Under the same circumstances, downgrading numpy gives again the same results:

# python -m pip install numpy==1.19.5
Collecting numpy==1.19.5
  Downloading numpy-1.19.5-cp38-cp38-manylinux2010_x86_64.whl (14.9 MB)
     ━━━━━━━━━━━━━━━━━━━━━━━━━━━━━━━━━━━━━━━━ 14.9/14.9 MB 13.5 MB/s eta 0:00:00
Installing collected packages: numpy
  Attempting uninstall: numpy
    Found existing installation: numpy 1.24.4
    Uninstalling numpy-1.24.4:
      Successfully uninstalled numpy-1.24.4
Successfully installed numpy-1.19.5
WARNING: Running pip as the 'root' user can result in broken permissions and conflicting behaviour with the system package manager.
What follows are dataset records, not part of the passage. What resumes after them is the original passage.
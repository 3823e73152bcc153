-- ===== src/EventQueue/Bounds.antt =====
-- The queue's bound, and what a run of `enqueue` keeps and counts (gateway/event_queue.py).
use staykey_ha_plugin.Prelude.{
  ℕ, zero, suc, ◌+◌, ◌-◌, ◌≤◌, ◌≡◌, refl, ap, ◌∙◌, sym, inl, inr, min, append-nil, List, [], ◌∷◌,
  ◌++◌, length, length-append, drop, append_assoc, ltb, arith, Bool-cases,
}
use staykey_ha_plugin.EventQueue.{EventQueue, size, dropped_count, trim, enqueue}

suc-sub : (n m : ℕ) → n ≤ m → suc m - n ≡ suc (m - n)
suc-sub n m h = omega arith

sub_of_le : (n m : ℕ) → m ≤ n → m - n ≡ 0
sub_of_le n m h = omega arith

module _ {M : Type 0} where
  abbrev pub IsBounded : EventQueue M → Type 0
  IsBounded q = size q ≤ q.maxlen

  -- a `deque` keeps the last `n` items
  pub trim-eq-drop : (n : ℕ) (xs : List (ℕ × M)) → trim n xs ≡ drop (length xs - n) xs
  unfolding trim
  trim-eq-drop zero [] = refl
  trim-eq-drop (suc n) [] = rw (sub_of_le (suc n) 0 (omega arith)) refl
  trim-eq-drop n (x ∷ xs) = elim (Bool-cases (ltb n (length (x ∷ xs)))) [
    | inl full ↦ rw full (rw (trim-eq-drop n xs) (rw (suc-sub n (length xs) (ground arith)) refl))
    | inr fits ↦ rw fits (rw (sub_of_le n (suc (length xs)) (ground arith)) refl)
  ]

  pub trim_short : (n : ℕ) (xs : List (ℕ × M)) → length xs ≤ n → trim n xs ≡ xs
  unfolding trim
  trim_short n [] h = refl
  trim_short n (x ∷ xs) h = ground arith

  length-trim : (n : ℕ) (xs : List (ℕ × M)) → length (trim n xs) ≤ n
  unfolding trim
  length-trim n [] = omega arith
  length-trim n (x ∷ xs) = ground (arith, length-trim n xs)

  -- dropping as items come in is dropping once at the end
  trim-trim_append : (n : ℕ) (xs ys : List (ℕ × M)) → trim n (trim n xs ++ ys) ≡ trim n (xs ++ ys)
  unfolding trim
  trim-trim_append n [] ys = refl
  trim-trim_append n (x ∷ xs) ys = ground (arith, trim-trim_append n xs ys, length-append xs ys)

  -- `enqueue` for each message of a list, at its time
  abbrev pub enqueue_all : List (ℕ × M) → EventQueue M → EventQueue M
  enqueue_all [] q = q
  enqueue_all ((now, message) ∷ rest) q = enqueue_all rest (enqueue now message q)

  -- One `enqueue` keeps at most `maxlen` messages, whatever the queue held before.
  enqueue-IsBounded : (now : ℕ) (message : M) (q : EventQueue M) → IsBounded (enqueue now message q)
  unfolding enqueue size
  enqueue-IsBounded now message q = length-trim q.maxlen (q.queue ++ (now, message) ∷ [])

  queue-enqueue_all-trim :
      (ms : List (ℕ × M)) (q : EventQueue M)
      → IsBounded q
      → (enqueue_all ms q).queue ≡ trim q.maxlen (q.queue ++ ms)
  unfolding enqueue size
  queue-enqueue_all-trim [] q h = rw append-nil (sym (trim_short q.maxlen q.queue h))
  queue-enqueue_all-trim ((now, message) ∷ ms) q h =
      queue-enqueue_all-trim ms (enqueue now message q) (enqueue-IsBounded now message q)
      ∙ trim-trim_append q.maxlen (q.queue ++ (now, message) ∷ []) ms
      ∙ ap (trim q.maxlen) (append_assoc q.queue ((now, message) ∷ []) ms)

  -- For a bounded queue, however many messages are then enqueued: it holds the newest `maxlen` of
  -- all it held and was given, in order.
  pub queue-enqueue_all :
      (ms : List (ℕ × M)) (q : EventQueue M)
      → IsBounded q
      → (enqueue_all ms q).queue ≡ drop (length (q.queue ++ ms) - q.maxlen) (q.queue ++ ms)
  queue-enqueue_all ms q h = queue-enqueue_all-trim ms q h ∙ trim-eq-drop q.maxlen (q.queue ++ ms)

  length-trim_eq : (n : ℕ) (xs : List (ℕ × M)) → length (trim n xs) ≡ min n (length xs)
  unfolding trim
  length-trim_eq n [] = omega arith
  length-trim_eq n (x ∷ xs) = ground (arith, length-trim_eq n xs)

  counted :
      (now : ℕ) (message : M) (q : EventQueue M)
      → IsBounded q
      → dropped_count (enqueue now message q) + size (enqueue now message q)
        ≡ dropped_count q + size q + 1
  unfolding enqueue size dropped_count
  counted now message q h = ground (
    arith,
    length-trim_eq q.maxlen (q.queue ++ (now, message) ∷ []),
    length-append q.queue ((now, message) ∷ []),
  )

  -- No message goes missing uncounted: for a bounded queue, after any number of `enqueue` calls the
  -- messages held and those counted as dropped are the ones before and one more for each call.
  dropped_count-enqueue_all :
      (ms : List (ℕ × M)) (q : EventQueue M)
      → IsBounded q
      → dropped_count (enqueue_all ms q) + size (enqueue_all ms q)
        ≡ dropped_count q + size q + length ms
  dropped_count-enqueue_all [] q h = omega arith
  dropped_count-enqueue_all ((now, message) ∷ ms) q h = omega (
    arith,
    counted now message q h,
    dropped_count-enqueue_all ms (enqueue now message q) (enqueue-IsBounded now message q),
  )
It is recommended to use a virtual environment instead: https://pip.pypa.io/warnings/venv

[notice] A new release of pip is available: 23.0.1 -> 23.3.1
[notice] To update, run: pip install --upgrade pip
root@4646a2f8bd9c:/GENRE# python3 main.py --yago -i data/agolo_v2_beta.benchmark.jsonl  -o genre-agolo-linked-articles.jsonl --split_iter --mention_trie data/mention_trie.pkl  --mention_to_candidates_dict data/mention_to_candidates_dict.pkl
Traceback (most recent call last):
  File "main.py", line 3, in <module>
    from model import Model
  File "/GENRE/model.py", line 6, in <module>
    from genre.fairseq_model import GENRE
  File "/GENRE/genre/fairseq_model.py", line 15, in <module>
    from fairseq.models.bart import BARTHubInterface, BARTModel
  File "/GENRE/fairseq/fairseq/models/__init__.py", line 208, in <module>
    module = importlib.import_module("fairseq.models." + model_name)
  File "/usr/local/lib/python3.8/importlib/__init__.py", line 127, in import_module
    return _bootstrap._gcd_import(name[level:], package, level)
  File "/GENRE/fairseq/fairseq/models/wav2vec/__init__.py", line 6, in <module>
    from .wav2vec import *  # noqa
  File "/GENRE/fairseq/fairseq/models/wav2vec/wav2vec.py", line 25, in <module>
    from fairseq.tasks import FairseqTask
  File "/GENRE/fairseq/fairseq/tasks/__init__.py", line 15, in <module>
    from .fairseq_task import FairseqTask, LegacyFairseqTask  # noqa
  File "/GENRE/fairseq/fairseq/tasks/fairseq_task.py", line 13, in <module>
    from fairseq import metrics, search, tokenizer, utils
ImportError: cannot import name 'metrics' from 'fairseq' (unknown location)
agolo-alan-hogue commented 12 months ago

And again the same thing, this time on an ubuntu machine with twice as much ram:

# python3 main.py --yago -i data/agolo_v2_beta.benchmark.jsonl  -o genre-agolo-linked-articles.jsonl --split_iter --mention_trie data/mention_trie.pkl  --mention_to_candidates_dict data/mention_to_candidates_dict.pkl
load model...
1042301B [00:00, 27201737.57B/s]
456318B [00:00, 13431321.23B/s]
load data/mention_trie.pkl...
Killed
agolo-alan-hogue commented 12 months ago

Same with alternate data:

# python3 main.py --yago -i data/agolo_v2_beta.benchmark.jsonl  -o genre-agolo-linked-articles.jsonl --split_iter --mention_trie data/mention_trie.dalab.pkl  --mention_to_candidates_dict data/mention_to_candidates_dict.dalab.pkl
load model...
load data/mention_trie.dalab.pkl...
load data/mention_to_candidates_dict.dalab.pkl...
Killed
flackbash commented 3 months ago

Hi, I had the same numpy problems (originating from fairseq) which you described. For me everything is working now with python 3.8.12 when I run the following command for the installation of the requirements:

torch pytest requests spacy gdown fairseq

I assume there is no need anymore to install the fairseq clone from Nicola de Cao since this PR was merged in the official repository: https://github.com/facebookresearch/fairseq/pull/3276

Regarding RAM requirements: Loading the model and tries for me takes around 20GB.